Within the Obama White House, his aides want Hillary to win, according to Politico. After all, Obama’s accomplishments are best maintained with a Democratic successor, but this email dust up has seemingly resurrected old feelings about the president’s former presidential rival. Nevertheless, we shouldn’t expect the White House to chime in anytime soon:
To sum up the feelings, all the way up to the highest levels: What. The. Hell.
With so much on the line, with so much time to prepare, she’s back to classic Clinton? She’s flubbing a campaign kick-off eight years in the making because she somehow thought that no one would ever care that she set up a secret email server? That anyone would then accept her word that it was okay that she deleted 30,000 emails even though the State Department had been asking for some of them? And then go silent again?
After all, 2008’s “Change you can believe in” campaign slogan wasn’t just a reference to George W. Bush. It was also about her, and the uneasy feeling many people had that with Clinton, something else was always going on.

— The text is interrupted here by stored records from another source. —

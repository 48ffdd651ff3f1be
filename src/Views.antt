-- ===== src/Views.antt =====
-- The components as functions from their props and states to markup (web/src/components, web/src/views, web/src/App.jsx).
-- The handlers of a component are arguments, or constructors of a type of its own.
pub mod Frame
pub mod Dialog
pub mod Settings
pub mod Fleet
pub mod Details
pub mod Figures
pub mod Queues
pub mod Rows
pub mod SignIn
pub mod Composing
pub mod Pages
pub mod Console
pub mod Clicks
use job_flow_web_application.Prelude.{ℕ, List}
use job_flow_web_application.Prelude.Int.{ℤ}
use job_flow_web_application.Prelude.Text.{Text}
use job_flow_web_application.Json.{Json}

-- The texts that the browser makes of times and numbers, in its language and time zone.
pub record Locale : Type 0 where
  -- `{n}` for a number
  pub number_text : ℕ → Text
  pub int_text : ℤ → Text
  -- `new Date(s).toLocaleString()`, `toLocaleTimeString()`, and that with hours and minutes
  pub date_time : Text → Text
  pub time_of_day : Text → Text
  pub hour_minute : Text → Text
  -- `new Date().toLocaleDateString()`
  pub today : Text
  -- `((new Date(b) - new Date(a)) / 1000).toFixed(2)`
  pub seconds_text : Text → Text → Text
  -- `(part / whole) * 100` as a text, and the larger of that and 5
  pub percent_text : ℕ → ℕ → Text
  pub bar_text : ℕ → ℕ → Text
  -- `toFixed(2)` of the mean of some durations, and `Math.round((part / whole) * 100)`
  pub average_text : List ℕ → Text
  pub round_percent : ℕ → ℕ → ℕ
  -- `new Date()` in milliseconds
  pub now : ℤ
  -- `JSON.stringify(v, null, 2)`
  pub json_text : Json → Text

Obama aides had had that feeling themselves, even after she joined the administration and their staffs tried following Obama’s and Clinton’s leads in building mutual trust, almost to the point of suspension of disbelief.
You never feel like you’re quite getting the full story, because everyone’s got some side deal or some complicating factor,” said one former Obama aide, reflecting on dealing with Clinton and her circle. “I don’t think there was a conscious effort to watch out for scams. It was more just, you know who you’re dealing with.”
The article did mention that Obama staffers know Clinton is held to a different standard in the media, but also mentioned that she had a lot more “latitude” than other Cabinet secretaries. But, they were floored when she admitted to just deleting over 30,000 emails at the UN presser, and are holding their tongues about this controversy. After all, they “don’t want to pile on:”
For now, they’re holding off on their complaints. Dismissive of the actual importance of the email flap and sensitive to how rough the past two weeks have been for Clinton, current and former aides say they want to avoid piling on.
And in the West Wing, they say they feel satisfied with this test run of how the dynamic between the White House and the Clinton campaign is going to work.
“There are going to be other issues that crop up,” the current White House aide said, “and we want to maintain the kind of relationship that will allow us to coordinate our efforts effectively.”
Regarding the political ramifications, there are some Democrats having second thoughts about Clinton's preparedness for the presidency; her performance at the UN only reinforced those feelings. Then again, is there anyone else (really) out there who could challenge Clinton, or seems more viable than her on a national ticket? I'm going to guess, no.
BONUS: Gawker's John Cook slams "Nixonian" Hillary's decision not to use two devices while she served as Secretary of State as "preposterous" and "insulting to the intelligence of the American people."
UPDATE: Allahpundit discusses how Hillary's lawyers decided which emails were work-related or not [bold text indicates ABC News ]:
According to a document distributed by her aides after this week’s press conference, like this:
First, a search was done of all emails Clinton received from a .gov or state.gov account during the period she was secretary of state — from 2007 to 2013.
Then, with the remaining emails, a search was done for names of 100 State Department and other U.S. government officials who Clinton may have had correspondence with during her tenure.
Next, the emails were organized and reviewed by sender and recipient to “account for non-obvious or non-recognizable email addresses or misspellings or other idiosyncrasies.”
Lastly, of the emails still left over, a “number of terms” were searched, including “Benghazi” and “Libya.”